Possible leakage of memory using modin

How severe does this issue affect your experience of using Ray?

  • High: It blocks me to complete my task.

Hi, I’m new using ray. I want to use it with modin to save it in .pkl from .csv files. I’m following the code given in github for this: https://github.com/Kaist-ICLab/K EmoPhone_SupplementaryCodes/blob/main/analysis.ipynb. According to this, it was tested on:

  • CPU: AMD Ryzen 9 5900x 12-Core ( not mandatory; it can run this code with fewer cores)
  • RAM: 128GB (not mandatory; ~ 40GB of RAM can be required (but not tested))

First, I tried to stick to the code:

def _process(data_type: str):
  data_raw = _load_data(data_type) 
  data_proc = FUNC_PROC[data_type](data_raw)
   result = dict()

  if type(data_proc) is dict:
      for k, v in data_proc.items():
          result[f'{abbrev}_{k}'] = v
  else:
      result[abbrev] = data_proc
return result

with on_ray(num_cpus=12):
jobs = [ ]
func = ray.remote(_process).remote
for data_type in DATA_TYPES:
    job = func(data_type)
    jobs.append(job)
jobs = ray.get(jobs)
jobs = reduce(lambda a, b: {**a, **b}, jobs)
dump(jobs, os.path.join(PATH_INTERMEDIATE, 'proc.pkl'))
del jobs
gc.collect()

In the source code ray.init() is used for starting, but in my case. It can only works with additional settings:

ray.init(
num_cpus=4,
object_store_memory=20 * 1024 * 1024 * 1024, # mandatory
_temp_dir=“path/ray_temp”,
include_dashboard=False,
ignore_reinit_error=True,
_plasma_directory=“/tmp” # improvements to not get out of memory
)

Shortening my explanation:
These two function are the core of _process:
data_raw = _load_data(data_type) #load data of a sensor from 70 users that is in .csv and put that in a dataframe
data_proc = FUNC_PROCdata_type # make some calculations

When testing only for one data_type and 70 .csv, I got messages that ray needs ~400Gb of memory. Try to divide this in chunks for testing but always get the same message.

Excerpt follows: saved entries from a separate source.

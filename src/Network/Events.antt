-- ===== src/Network/Events.antt =====
-- server/src/network/connection.cpp: `handle_read` and `handle_write`, over what the system calls
-- `read` and `write` return.
use redis_like.Network.Connection.{Conntion, buffer_append, buffer_consume, try_one_request}
use redis_like.Protocol.Parser.{Bytes}
use redis_like.Protocol.Response.{Response}
use redis_like.Prelude.{
  ◌%◌, ◌^◌, ℕ, zero, suc, ltb, ◌==◌, if◌then◌else◌, true, false, List, length, Run, ok, undefined,
  ◌>>=◌, pos, ltb_ℤ,
}

-- What `read` gives: bytes, the end of the stream, `EAGAIN` or another error.
pub data ReadResult : Type 0 where
  got : Bytes → ReadResult
  end_of_stream : ReadResult
  read_delayed : ReadResult
  read_failed : ReadResult

-- What `write` gives: how many bytes it took, of those that it was given, `EAGAIN` or another error.
pub data WriteResult : Type 0 where
  took : ℕ → WriteResult
  write_delayed : WriteResult
  write_failed : WriteResult

-- The end of `handle_write`, with `(uint32_t)rv`.
unfoldable pub after_write : Conntion → ℕ → Conntion
unfolding buffer_consume
after_write conn rv =
    let rest = buffer_consume conn.write_buffer (rv % 2 ^ 32) in
    if length rest == 0
    then record conn { write_buffer = rest; is_write = false; is_read = true }
    else record conn { write_buffer = rest }

unfoldable pub handle_write : WriteResult → Conntion → Conntion
unfolding after_write
handle_write result conn =
    if ltb_ℤ conn.fd (pos 0)
    then record conn { is_close = true }
    else if length conn.write_buffer == 0
    then conn
    else elim result [
      | write_delayed ↦ conn
      | write_failed ↦ record conn { is_close = true }
      | took rv ↦ after_write conn rv
    ]

-- The end of `handle_read`: what is to be written is tried at once.
unfoldable pub answer : WriteResult → Conntion → Conntion
unfolding handle_write
answer result conn =
    if ltb 0 (length conn.write_buffer)
    then handle_write result (record conn { is_read = false; is_write = true })
    else conn

module _ {Db : Type 0} (execute : List Bytes → Db → Run (Response × Db)) where
  -- The loop of `handle_read`, on fuel: `undefined` where it runs out.
  unfoldable pub serve : ℕ → Conntion → Db → Run (Conntion × Db)
  serve zero conn db = undefined
  serve (suc fuel) conn db = do
    (more, conn', db') ← try_one_request execute conn db
    elim more [ true ↦ serve fuel conn' db' | false ↦ ok (conn', db') ]

  unfoldable pub handle_read : ReadResult → WriteResult → Conntion → Db → Run (Conntion × Db)
  unfolding buffer_append serve answer
  handle_read result written conn db =
      let closed = ok (record conn { is_close = true }, db) in
      if ltb_ℤ conn.fd (pos 0) then closed else elim result [
        | read_delayed ↦ ok (conn, db)
        | read_failed ↦ closed
        | end_of_stream ↦ closed
        | got data' ↦ do
          let conn' = record conn { read_buffer = buffer_append conn.read_buffer data' }
          (conn'', db') ← serve (suc (length conn'.read_buffer)) conn' db
          ok (answer written conn'', db')
      ]
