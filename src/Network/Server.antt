-- ===== src/Network/Server.antt =====
-- server/src/network/server.cpp: a round of the loop of `run`, over what `poll` and `accept` return.
use redis_like.Network.Connection.{Conntion}
use redis_like.Network.Events.{ReadResult, WriteResult, handle_read, handle_write}
use redis_like.Protocol.Parser.{Bytes}
use redis_like.Protocol.Response.{Response}
use redis_like.Prelude.{
  ℕ, ◌+◌, ◌-◌, leb, ltb_ℤ, if◌then◌else◌, Bool, true, ◌||◌, Option, none, some, List, [], ◌∷◌, ◌++◌,
  length, get_elem?, set, replicate, Run, ok, undefined, ◌>>=◌, ℤ, pos, negsuc,
}

-- `pollfd`: the descriptor, with POLLIN and POLLOUT of its `events`; POLLERR is in all of them.
pub record Pollfd : Type 0 where
  pub fd : ℤ
  pub poll_in : Bool
  pub poll_out : Bool

-- The events of `revents` that the loop tests, with what the system calls of the handlers return:
-- `read`, and `write` of `handle_read` and of `handle_write`.
pub record Revents : Type 0 where
  pub poll_in : Bool
  pub poll_out : Bool
  pub poll_err : Bool
  pub result : ReadResult
  pub answered : WriteResult
  pub written : WriteResult

-- What `accept` returns, and what the memory of the new connection holds in the two flags that its
-- constructor does not set.
pub record Accepted : Type 0 where
  pub connfd : ℤ
  pub is_write : Bool
  pub is_close : Bool

-- What `poll` comes to: EINTR, another error, or the events, with `accept` where the listening
-- descriptor has POLLIN alone.
pub data Polled : Type 0 where
  interrupted : Polled
  poll_failed : Polled
  polled : Option Accepted → (ℤ → Revents) → Polled

-- `conn_pool`: `none` is a null pointer.
abbrev pub Pool : Type 0
Pool = List (Option Conntion)

-- The loop that fills `pollfd_args`, behind the listening descriptor.
unfoldable pub pollfds_of : Pool → List Pollfd
pollfds_of [] = []
pollfds_of (none ∷ pool) = pollfds_of pool
pollfds_of (some conn ∷ pool) =
    record { fd = conn.fd; poll_in = conn.is_read; poll_out = conn.is_write } ∷ pollfds_of pool

-- `Conntion::Conntion`
abbrev pub new_conntion : Accepted → Conntion
new_conntion a = record {
  fd = a.connfd;
  is_read = true;
  is_write = a.is_write;
  is_close = a.is_close;
  read_buffer = [];
  write_buffer = [];
}

-- A null result is `none`.
unfoldable pub handle_accept : Accepted → Option Conntion
handle_accept a = if ltb_ℤ a.connfd (pos 0) then none else some (new_conntion a)

-- `conn_pool.resize`, to more.
abbrev pub resize : Pool → ℕ → Pool
resize pool n = pool ++ replicate (n - length pool) none

-- The pool grows up to the new connection.
unfoldable pub add_conn : Pool → Conntion → Run Pool
add_conn pool conn = elim conn.fd [
  | negsuc _ ↦ undefined
  | pos fd ↦
      let grown = if leb (length pool) fd then resize pool (fd + 1) else pool in
      ok (set grown fd (some conn))
]

-- `conn_pool[fd]`, which is dereferenced.
unfoldable pub conn_at : Pool → ℤ → Run Conntion
conn_at pool (negsuc _) = undefined
conn_at pool (pos fd) = elim (get_elem? pool fd) [
  | none ↦ undefined
  | some conn ↦ elim conn [ none ↦ undefined | some conn ↦ ok conn ]
]

-- The state of `*conn_pool[fd]`, or the null pointer.
abbrev pub put_conn : Pool → ℤ → Option Conntion → Pool
put_conn pool (negsuc _) conn = pool
put_conn pool (pos fd) conn = set pool fd conn

module _ {Db : Type 0} (execute : List Bytes → Db → Run (Response × Db)) where
  -- POLLIN, then POLLOUT.
  unfoldable pub call_handlers : Revents → Conntion → Db → Run (Conntion × Db)
  unfolding handle_read handle_write
  call_handlers revents conn db = do
    (conn', db') ←
        if revents.poll_in
        then handle_read execute revents.result revents.answered conn db
        else ok (conn, db)
    ok (if revents.poll_out then handle_write revents.written conn' else conn', db')

  -- POLLERR closes the connection: its pointer becomes null.
  unfoldable pub handle_conn : Revents → ℤ → Pool → Db → Run (Pool × Db)
  unfolding conn_at call_handlers
  handle_conn revents fd pool db = do
    conn ← conn_at pool fd
    (conn', db') ← call_handlers revents conn db
    ok (put_conn pool conn'.fd (if revents.poll_err then none else some conn'), db')

  -- With other events alone the pointer is not followed.
  unfoldable pub handle_events : Revents → ℤ → Pool → Db → Run (Pool × Db)
  unfolding handle_conn
  handle_events revents fd pool db =
      if revents.poll_in || (revents.poll_out || revents.poll_err)
      then handle_conn revents fd pool db
      else ok (pool, db)

  -- The loop over the connections.
  unfoldable pub handle_sockets : List Pollfd → (ℤ → Revents) → Pool → Db → Run (Pool × Db)
  unfolding handle_events
  handle_sockets [] events pool db = ok (pool, db)
  handle_sockets (pfd ∷ pollfds) events pool db = do
    (pool', db') ← handle_events (events pfd.fd) pfd.fd pool db
    handle_sockets pollfds events pool' db'

  -- A round. Where `accept` fails, the connections wait for the next one.
  unfoldable pub run_round : Polled → Pool → Db → Run (Pool × Db)
  unfolding pollfds_of handle_accept add_conn handle_sockets
  run_round interrupted pool db = ok (pool, db)
  run_round poll_failed pool db = ok (pool, db)
  run_round (polled none events) pool db = handle_sockets (pollfds_of pool) events pool db
  run_round (polled (some a) events) pool db = elim (handle_accept a) [
    | none ↦ ok (pool, db)
    | some conn ↦ do pool' ← add_conn pool conn; handle_sockets (pollfds_of pool) events pool' db
  ]
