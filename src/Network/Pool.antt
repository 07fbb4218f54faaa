-- ===== src/Network/Pool.antt =====
-- `conn_pool` of server/src/network/server.cpp: each connection at its descriptor.
use redis_like.Network.Connection.{Conntion}
use redis_like.Network.Server.{Pollfd, Pool, pollfds_of, resize, add_conn, conn_at}
use redis_like.Prelude.{
  ℕ, zero, suc, ◌+◌, ◌-◌, ◌≤◌, ◌==◌, leb, true, Option, none, some, List, [], ◌∷◌, ◌++◌, ◌≡◌, ◌≢◌,
  inl, inr, refl, sym, ap, ◌∙◌, arith, length, get_elem?, set, replicate, All, ok, Returns, ℤ, pos,
  pos_part, Bool-cases, if◌then◌else◌,
}

get_elem?-set-same :
    {A : Type 0} (xs : List A) (i : ℕ) (x v : A)
    → get_elem? xs i ≡ some x
    → get_elem? (set xs i v) i ≡ some v
get_elem?-set-same [] i x v e = absurd cc
get_elem?-set-same (y ∷ xs) zero x v e = refl
get_elem?-set-same (y ∷ xs) (suc i) x v e = get_elem?-set-same xs i x v e

get_elem?-set-other :
    {A : Type 0} (xs : List A) (i j : ℕ) (v : A) → i ≢ j → get_elem? (set xs i v) j ≡ get_elem? xs j
get_elem?-set-other [] i j v ne = refl
get_elem?-set-other (y ∷ xs) zero zero v ne = absurd (ne refl)
get_elem?-set-other (y ∷ xs) zero (suc j) v ne = refl
get_elem?-set-other (y ∷ xs) (suc i) zero v ne = refl
get_elem?-set-other (y ∷ xs) (suc i) (suc j) v ne =
    get_elem?-set-other xs i j v (λ e. ne (ap suc e))

get_elem?-set :
    {A : Type 0} (xs : List A) (i : ℕ) (v x : A) → get_elem? (set xs i v) i ≡ some x → v ≡ x
get_elem?-set [] i v x e = absurd cc
get_elem?-set (y ∷ xs) zero v x e = cc
get_elem?-set (y ∷ xs) (suc i) v x e = get_elem?-set xs i v x e

pub set_same :
    {A : Type 0} (xs : List A) (i : ℕ) (x : A) → get_elem? xs i ≡ some x → set xs i x ≡ xs
set_same [] i x e = refl
set_same (y ∷ xs) zero x e = (let same : y ≡ x = cc in ap (λ w. w ∷ xs) (sym same))
set_same (y ∷ xs) (suc i) x e = ap (λ w. y ∷ w) (set_same xs i x e)

-- Past the end of the pool stand null pointers.
get_elem?-resize :
    (pool : Pool) (n i : ℕ) (conn : Conntion)
    → get_elem? (pool ++ replicate n none) i ≡ some (some conn)
    → get_elem? pool i ≡ some (some conn)
get_elem?-resize [] zero i conn e = e
get_elem?-resize [] (suc n) zero conn e = absurd cc
get_elem?-resize [] (suc n) (suc i) conn e = get_elem?-resize [] n i conn e
get_elem?-resize (c ∷ pool) n zero conn e = e
get_elem?-resize (c ∷ pool) n (suc i) conn e = get_elem?-resize pool n i conn e

get_elem?-append :
    (pool more : Pool) (i : ℕ) (c : Option Conntion)
    → get_elem? pool i ≡ some c
    → get_elem? (pool ++ more) i ≡ some c
get_elem?-append [] more i c e = absurd cc
get_elem?-append (d ∷ pool) more zero c e = e
get_elem?-append (d ∷ pool) more (suc i) c e = get_elem?-append pool more i c e

-- The pool holds a connection at its descriptor.
abbrev pub At : Pool → ℕ → Conntion → Type 0
At pool i conn = get_elem? pool i ≡ some (some conn)

-- Every connection of the pool stands at its descriptor.
abbrev pub IsPool : Pool → Type 0
IsPool pool = (i : ℕ) (conn : Conntion) → At pool i conn → conn.fd ≡ pos i

-- No connection stands at the descriptor: the system gives none twice that is open.
abbrev pub IsFree : Pool → ℤ → Type 0
IsFree pool fd = (i : ℕ) (conn : Conntion) → fd ≡ pos i → At pool i conn → ⊥

-- What waits for its events: each descriptor once, with a connection in the pool.
abbrev pub Pending : Pool → List Pollfd → Type 0
Pending pool [] = Unit
Pending pool (p ∷ ps) =
    ((i : ℕ) × (p.fd ≡ pos i) × (conn : Conntion) × At pool i conn × All (λ q. q.fd ≢ pos i) ps)
    × Pending pool ps

-- A change at another descriptor.
pub Pending-set :
    (pool : Pool) (i : ℕ) (c : Option Conntion) (ps : List Pollfd)
    → All (λ q. q.fd ≢ pos i) ps
    → Pending pool ps
    → Pending (set pool i c) ps
Pending-set pool i c [] k w = tt
Pending-set pool i c (p ∷ ps) (ne, k) ((j, fd, conn, at, apart), w) = (
  (j, fd, conn, get_elem?-set-other pool i j c (λ e. ne (fd ∙ ap pos (sym e))) ∙ at, apart),
  Pending-set pool i c ps k w,
)

abbrev StartsAt : ℕ → Pollfd → Type 0
StartsAt k q = (i : ℕ) × (q.fd ≡ pos i) × (k ≤ i)

earlier : (ps : List Pollfd) (k : ℕ) → All (StartsAt (suc k)) ps → All (StartsAt k) ps
earlier [] k w = tt
earlier (p ∷ ps) k ((i, fd, le), w) = ((i, fd, omega arith), earlier ps k w)

apart_from : (ps : List Pollfd) (k : ℕ) → All (StartsAt (suc k)) ps → All (λ q. q.fd ≢ pos k) ps
apart_from [] k w = tt
apart_from (p ∷ ps) k ((i, fd, le), w) =
    (λ e. let same : i ≡ k = ap pos_part (sym fd ∙ e) in omega arith, apart_from ps k w)

after_first :
    (pool : Pool) (c : Option Conntion) (xs : Pool) (k : ℕ)
    → ((i : ℕ) (conn : Conntion)
        → At (c ∷ xs) i conn
        → (conn.fd ≡ pos (k + i)) × At pool (k + i) conn)
    → (i : ℕ) (conn : Conntion) → At xs i conn
    → (conn.fd ≡ pos (suc k + i)) × At pool (suc k + i) conn
after_first pool c xs k h i conn at =
    let e : k + suc i ≡ suc k + i = omega arith in
    let (fd, there) = h (suc i) conn at in (fd ∙ ap pos e, sym (ap (get_elem? pool) e) ∙ there)

-- At the start of the loop.
pub Pending-pollfds_of :
    (pool xs : Pool) (k : ℕ)
    → ((i : ℕ) (conn : Conntion) → At xs i conn → (conn.fd ≡ pos (k + i)) × At pool (k + i) conn)
    → Pending pool (pollfds_of xs) × All (StartsAt k) (pollfds_of xs)
unfolding pollfds_of
Pending-pollfds_of pool [] k h = (tt, tt)
Pending-pollfds_of pool (none ∷ xs) k h =
    let (w, later) = Pending-pollfds_of pool xs (suc k) (after_first pool none xs k h) in
    (w, earlier (pollfds_of xs) k later)
Pending-pollfds_of pool (some conn ∷ xs) k h =
    let (w, later) = Pending-pollfds_of pool xs (suc k) (after_first pool (some conn) xs k h) in
    let (fd, at) = h 0 conn refl in
    let e : k + 0 ≡ k = omega arith in
    (
      (
        (
          k,
          fd ∙ ap pos e,
          conn,
          sym (ap (get_elem? pool) e) ∙ at,
          apart_from (pollfds_of xs) k later,
        ),
        w,
      ),
      ((k, fd ∙ ap pos e, omega arith), earlier (pollfds_of xs) k later),
    )

pub IsPool-set :
    (pool : Pool) (i : ℕ) (c : Option Conntion)
    → IsPool pool
    → ((conn : Conntion) → c ≡ some conn → conn.fd ≡ pos i)
    → IsPool (set pool i c)
IsPool-set pool i c h new j conn at = elim (Bool-cases (i == j)) [
  | inl same ↦
      let e : j ≡ i = ground arith in
      let here : get_elem? (set pool i c) i ≡ some (some conn) =
        sym (ap (get_elem? (set pool i c)) e) ∙ at in
      new conn (get_elem?-set pool i c (some conn) here) ∙ ap pos (sym e)
  | inr apart ↦
      let ne : i ≢ j = λ e. let same : (i == j) ≡ true = rw e (ground arith) in cc in
      h j conn (sym (get_elem?-set-other pool i j c ne) ∙ at)
]

pub Pending-At :
    (pool pool' : Pool) (ps : List Pollfd)
    → ((i : ℕ) (conn : Conntion) → At pool i conn → At pool' i conn)
    → Pending pool ps
    → Pending pool' ps
Pending-At pool pool' [] h w = tt
Pending-At pool pool' (p ∷ ps) h ((i, fd, conn, at, apart), w) =
    ((i, fd, conn, h i conn at, apart), Pending-At pool pool' ps h w)

-- The pool with the new connection.
pub add_conn-IsPool :
    (pool : Pool) (conn : Conntion) (k : ℕ)
    → conn.fd ≡ pos k
    → IsPool pool
    → IsFree pool (pos k)
    → Returns
        (add_conn pool conn)
        λ pool'. IsPool pool' × ((i : ℕ) (c : Conntion) → At pool i c → At pool' i c)
unfolding add_conn
add_conn-IsPool pool conn k fd h free =
    let grown = if leb (length pool) k then resize pool (k + 1) else pool in
    (
      set grown k (some conn),
      rw fd refl,
      (
        IsPool-set grown k (some conn) larger
            (λ x e. let same : conn ≡ x = cc in ap (λ w. w.fd) (sym same) ∙ fd),
        λ i c at.
            get_elem?-set-other grown k i (some conn) (λ e. free i c (ap pos e) at) ∙ kept i c at,
      ),
    )
  where
    larger : IsPool (if leb (length pool) k then resize pool (k + 1) else pool)
    larger i c at = elim (Bool-cases (leb (length pool) k)) [
      | inl short ↦ h i c (get_elem?-resize pool (k + 1 - length pool) i c (rw short at at))
      | inr long ↦ h i c (rw long at at)
    ]

    kept :
        (i : ℕ) (c : Conntion)
        → At pool i c
        → At (if leb (length pool) k then resize pool (k + 1) else pool) i c
    kept i c at = elim (Bool-cases (leb (length pool) k)) [
      | inl short ↦
          rw short (get_elem?-append pool (replicate (k + 1 - length pool) none) i (some c) at)
      | inr long ↦ rw long at
    ]

pub conn_at-At :
    (pool : Pool) (i : ℕ) (conn : Conntion) → At pool i conn → conn_at pool (pos i) ≡ ok conn
unfolding conn_at
conn_at-At pool i conn at = rw (conn_at, at) refl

After this I tried to use modin for testing:

def _proc_acceleration(data: pd.DataFrame) → Union[pd.Series, Dict[str, pd.Series]]:
print_memory_usage(“antes de calcular la magnitud”)
data[‘mag’] = (data[‘x’]**2 + data[‘y’]**2 + data[‘z’]**2)**0.5

result = {
    'AXX': data['x'].astype('float32'),
    'AXY': data['y'].astype('float32'),
    'AXZ': data['z'].astype('float32'),
    'MAG': data['mag'].astype('float32')
}

return result

DATA_TYPES = {
‘Acceleration’: ‘ACC’,
}
FUNC_PROC = {
‘Acceleration’: _proc_acceleration
}

def load_and_process(name: str):
paths = _load_data_paths(name)
df = paths_to_dataframe(paths)

data_proc = FUNC_PROC[data_type](df)
del df
gc.collect()

result = dict()

if isinstance(data_proc, dict):
    for k, v in data_proc.items():
        result[f'{abbrev}_{k}'] = v
else:
    result[abbrev] = data_proc

del data_proc
gc.collect()

return result

I tried to do a couple of iterations working with data from 2csv files using 4cpus and 70 Gb of memory. The tests show that memory is not free after gc.collect() and the job is killed because 165Gb of memory is needed. But is just 2 iteration and only getting 2.csv (300 Mb) for working. I don’t know how depurate this error. Can you suggest me some steps to do it?